● Supplied records
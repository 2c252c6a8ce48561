-- ===== src/Cli/Worker.antt =====
-- packages/cli/cli/pipeline/worker.py: a lane of a run, on the documents that it takes off the
-- queue. The world's replies are told for each document and each attempt at it; the writes and
-- counts of other lanes are not interleaved.
pub mod Lanes
use docs_pe.Common.{ℕ, ◌+◌, Bool, true, false, List, [], ◌∷◌, Text}
use docs_pe.Core.Doc.{Doc}
use docs_pe.Core.Types.{Status, Result, RunTotals}
use docs_pe.Core.Breaker.{CircuitBreaker}
use docs_pe.Core.Session.{WorkerState, new_state, Closing, close_session}
use docs_pe.Core.Fetch.{
  Reply, Lane, LaneState, Fetched, returned, unbound_session, out_of_fuel, fetch_one,
}
use docs_pe.Cli.Store.{Outcome, record_success, record_not_found, record_failure}

pub record Run : Type 0 where
  pub worker : WorkerState
  pub breaker : CircuitBreaker
  pub store : List Outcome
  pub totals : RunTotals

-- What a run meets: the replies to the attempts at each document, `_now()` of its write, and how
-- the last session closes.
pub record World : Type 0 where
  pub replies : ℕ → ℕ → Reply
  pub written_at : ℕ → Text
  pub at_end : Closing

abbrev pub recorded : Text → Result → Status → Run → Run
recorded now r Status.ok s = record s {
  store = record_success now r s.store;
  totals = record s.totals {
    succeeded = s.totals.succeeded + 1;
    processed = s.totals.processed + 1;
  };
}
recorded now r Status.not_found s = record s {
  store = record_not_found now r s.store;
  totals = record s.totals {
    not_found = s.totals.not_found + 1;
    processed = s.totals.processed + 1;
  };
}
recorded now r Status.failed s = record s {
  store = record_failure now r s.store;
  totals = record s.totals { failed = s.totals.failed + 1; processed = s.totals.processed + 1 };
}

-- A result is recorded and the loop goes on; an exception leaves it.
abbrev pub carry_on : Text → (Run → Bool × Run) → Run → Fetched × LaneState → Bool × Run
carry_on now next s (returned r, l) =
    next (recorded now r r.status (record s { worker = l.worker; breaker = l.breaker }))
carry_on now next s (unbound_session, l) =
    (false, record s { worker = l.worker; breaker = l.breaker })
carry_on now next s (out_of_fuel, l) = (false, record s { worker = l.worker; breaker = l.breaker })

-- The loop; whether it ended with the queue empty.
unfoldable pub work : Lane → World → ℕ → List Doc → Run → Bool × Run
work lane w i [] s = (true, s)
work lane w i (doc ∷ docs) s =
    carry_on (w.written_at i) (work lane w (i + 1) docs) s
      (fetch_one lane doc (w.replies i) s.worker s.breaker)

-- `run_worker`, with its `finally`
unfoldable pub run_worker :
    Lane → World → List Doc → CircuitBreaker → List Outcome → RunTotals → Bool × Run
unfolding work
run_worker lane w docs breaker store totals =
    let (completed, s) =
      work lane w 0 docs
        (record { worker = new_state; breaker = breaker; store = store; totals = totals }) in
    (completed, record s { worker = close_session w.at_end s.worker })
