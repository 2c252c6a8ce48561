-- ===== src/Cli/Worker/Lanes.antt =====
-- packages/cli/cli/pipeline/worker.py: what a lane's run leaves.
use docs_pe.Common.{
  ℕ, ◌+◌, ◌≡◌, refl, Bool, true, List, [], ◌∷◌, Text, length, map, none, ◌∙◌, ap, arith,
}
use docs_pe.Core.Doc.{Doc}
use docs_pe.Core.Types.{Status, Result, RunTotals}
use docs_pe.Core.Breaker.{CircuitBreaker}
use docs_pe.Core.Session.{new_state, closed}
use docs_pe.Core.Fetch.{Lane, LaneState, Fetched, returned, unbound_session, out_of_fuel, fetch_one}
use docs_pe.Core.Fetch.Attempts.{IsReady, IsComplete, fetch_one-IsComplete}
use docs_pe.Core.Fetch.Proxies.{IsBuilt, IsBalanced, fetch_one-IsBalanced, close_session-IsReleased}
use docs_pe.Cli.Store.{Outcome, Write, success, not_found, failure, import_rows, write, writes}
use docs_pe.Cli.Worker.{Run, World, recorded, carry_on, work, run_worker}

carry_on-IsBalanced :
    (now : Text) (next : Run → Bool × Run) (s : Run) (x : Fetched × LaneState)
    → IsBalanced x.1.worker
    → ((t : Run) → IsBalanced t.worker → IsBalanced (next t).1.worker)
    → IsBalanced (carry_on now next s x).1.worker
carry_on-IsBalanced now next s (returned r, l) b k =
    k (recorded now r r.status (record s { worker = l.worker; breaker = l.breaker }))
      (still r.status)
  where
    still :
        (t : Status)
        → IsBalanced (recorded now r t (record s { worker = l.worker; breaker = l.breaker })).worker
    still Status.ok = b
    still Status.not_found = b
    still Status.failed = b
carry_on-IsBalanced now next s (unbound_session, l) b k = b
carry_on-IsBalanced now next s (out_of_fuel, l) b k = b

work-IsBalanced :
    (lane : Lane) (w : World) (i : ℕ) (docs : List Doc) (s : Run)
    → ((i n : ℕ) → (w.replies i n).closing ≡ closed)
    → ((i n : ℕ) → IsBuilt (w.replies i n).opening)
    → IsBalanced s.worker
    → IsBalanced (work lane w i docs s).1.worker
unfolding work
work-IsBalanced lane w i [] s c k b = b
work-IsBalanced lane w i (doc ∷ docs) s c k b =
    carry_on-IsBalanced (w.written_at i) (work lane w (i + 1) docs) s
      (fetch_one lane doc (w.replies i) s.worker s.breaker)
      (fetch_one-IsBalanced lane doc (w.replies i) s.worker s.breaker (c i) (k i) b)
      (λ t h. work-IsBalanced lane w (i + 1) docs t c k h)

-- A lane that ends, also on an exception, has no session open, and it has released every proxy
-- that the provider handed out to it, in the same order, if a client was built for each of them and
-- no close raised an exception.
pub run_worker-releases :
    (lane : Lane) (w : World) (docs : List Doc) (breaker : CircuitBreaker) (store : List Outcome)
    (totals : RunTotals)
    → ((i n : ℕ) → (w.replies i n).closing ≡ closed)
    → ((i n : ℕ) → IsBuilt (w.replies i n).opening)
    → w.at_end ≡ closed
    → (let s = (run_worker lane w docs breaker store totals).1.worker in
        (s.session ≡ none) × (s.handed_out ≡ s.released))
unfolding run_worker
run_worker-releases lane w docs breaker store totals c k e =
    let start : Run = record {
      worker = new_state;
      breaker = breaker;
      store = store;
      totals = totals;
    } in
    let s = (work lane w 0 docs start).1.worker in
    rw e (close_session-IsReleased s (work-IsBalanced lane w 0 docs start c k refl))

abbrev pub target : Write → Text × Text
target (success r) = (r.site, r.doc.value)
target (not_found r) = (r.site, r.doc.value)
target (failure r) = (r.site, r.doc.value)
target (import_rows site doc rows) = (site, doc)

abbrev pub pairs : Lane → List Doc → List (Text × Text)
pairs lane docs = map (λ d. (lane.site, d.value)) docs

-- A run over documents: it ends with the queue empty, it has written one outcome for each
-- document, in order, under the lane's site, and it has counted each of them once.
abbrev pub IsWorked : Lane → List Doc → Run → Bool × Run → Type 0
IsWorked lane docs s (completed, t) =
    (completed ≡ true)
    × ((ws : List (Text × Write)) × (t.store ≡ writes ws s.store)
        × (map (λ w. target w.1) ws ≡ pairs lane docs))
    × (t.totals.processed ≡ s.totals.processed + length docs)
    × (t.totals.succeeded + t.totals.not_found + t.totals.failed
        ≡ s.totals.succeeded + s.totals.not_found + s.totals.failed + length docs)

abbrev written : Result → Status → Write
written r Status.ok = success r
written r Status.not_found = not_found r
written r Status.failed = failure r

written-target : (r : Result) (t : Status) → target (written r t) ≡ (r.site, r.doc.value)
written-target r Status.ok = refl
written-target r Status.not_found = refl
written-target r Status.failed = refl

recorded-store :
    (now : Text) (r : Result) (t : Status) (s : Run)
    → (recorded now r t s).store ≡ write now (written r t) s.store
unfolding write
recorded-store now r Status.ok s = refl
recorded-store now r Status.not_found s = refl
recorded-store now r Status.failed s = refl

recorded-totals :
    (now : Text) (r : Result) (t : Status) (s : Run)
    → (let u = (recorded now r t s).totals in
        (u.processed ≡ s.totals.processed + 1)
        × (u.succeeded + u.not_found + u.failed
            ≡ s.totals.succeeded + s.totals.not_found + s.totals.failed + 1))
recorded-totals now r Status.ok s = ground arith
recorded-totals now r Status.not_found s = ground arith
recorded-totals now r Status.failed s = ground arith

recorded-IsWorked :
    (lane : Lane) (doc : Doc) (docs : List Doc) (now : Text) (r : Result) (t : Status) (s : Run)
    (x : Bool × Run)
    → r.doc ≡ doc
    → r.site ≡ lane.site
    → IsWorked lane docs (recorded now r t s) x
    → IsWorked lane (doc ∷ docs) s x
unfolding writes
recorded-IsWorked lane doc docs now r t s x hd hs h =
    let (ws, e, p) = h.1 in
    let u = recorded-totals now r t s in
    let e' : x.1.store ≡ writes ws (write now (written r t) s.store) =
      e ∙ ap (writes ws) (recorded-store now r t s) in
    let here : target (written r t) ≡ (lane.site, doc.value) =
      written-target r t ∙ ground (arith, hd, hs) in
    (
      h.0,
      (
        (now, written r t) ∷ ws,
        e',
        ap (λ a. a ∷ map (λ w. target w.1) ws) here ∙ ap (λ zs. (lane.site, doc.value) ∷ zs) p,
      ),
      omega (arith, u.0, h.2),
      omega (arith, u.1, h.3),
    )

carry_on-IsWorked :
    (lane : Lane) (doc : Doc) (docs : List Doc) (now : Text) (next : Run → Bool × Run) (s : Run)
    (x : Fetched × LaneState)
    → IsComplete lane doc x.0
    → ((t : Run) → IsWorked lane docs t (next t))
    → IsWorked lane (doc ∷ docs) s (carry_on now next s x)
carry_on-IsWorked lane doc docs now next s (returned r, l) c k =
    let s' : Run = record s { worker = l.worker; breaker = l.breaker } in
    recorded-IsWorked lane doc docs now r r.status s' (next (recorded now r r.status s')) c.9 c.10
      (k (recorded now r r.status s'))
carry_on-IsWorked lane doc docs now next s (unbound_session, l) c k = absurd c
carry_on-IsWorked lane doc docs now next s (out_of_fuel, l) c k = absurd c

work-IsWorked :
    (lane : Lane) (w : World) (i : ℕ) (docs : List Doc) (s : Run)
    → ((i n : ℕ) → IsReady (w.replies i n).opening)
    → IsWorked lane docs s (work lane w i docs s)
unfolding work writes
work-IsWorked lane w i [] s ready = (refl, ([], refl, refl), omega arith, omega arith)
work-IsWorked lane w i (doc ∷ docs) s ready =
    carry_on-IsWorked lane doc docs (w.written_at i) (work lane w (i + 1) docs) s
      (fetch_one lane doc (w.replies i) s.worker s.breaker)
      (fetch_one-IsComplete lane doc (w.replies i) s.worker s.breaker (ready i))
      (λ t. work-IsWorked lane w (i + 1) docs t ready)

-- A lane's run over its documents ends with the queue empty when opening a session never raises
-- RucNotFoundError: it writes one outcome for each document, in order and under the lane's site,
-- it counts each document once as processed, and once among the three outcomes.
pub run_worker-IsWorked :
    (lane : Lane) (w : World) (docs : List Doc) (breaker : CircuitBreaker) (store : List Outcome)
    (totals : RunTotals)
    → ((i n : ℕ) → IsReady (w.replies i n).opening)
    → IsWorked lane docs
        (record { worker = new_state; breaker = breaker; store = store; totals = totals })
        (run_worker lane w docs breaker store totals)
unfolding run_worker
run_worker-IsWorked lane w docs breaker store totals ready =
    work-IsWorked lane w 0 docs
      (record { worker = new_state; breaker = breaker; store = store; totals = totals }) ready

● Work required
Exact reproduction of the lines from the top of the material through the line where "-- counts of other lanes are not interleaved." appears is required, both boundary lines included, with no other output.

● Result for this task
repository 2c252c6a8ce48561
-- ===== src/Cli/Worker.antt =====
-- packages/cli/cli/pipeline/worker.py: a lane of a run, on the documents that it takes off the
-- queue. The world's replies are told for each document and each attempt at it; the writes and
-- counts of other lanes are not interleaved.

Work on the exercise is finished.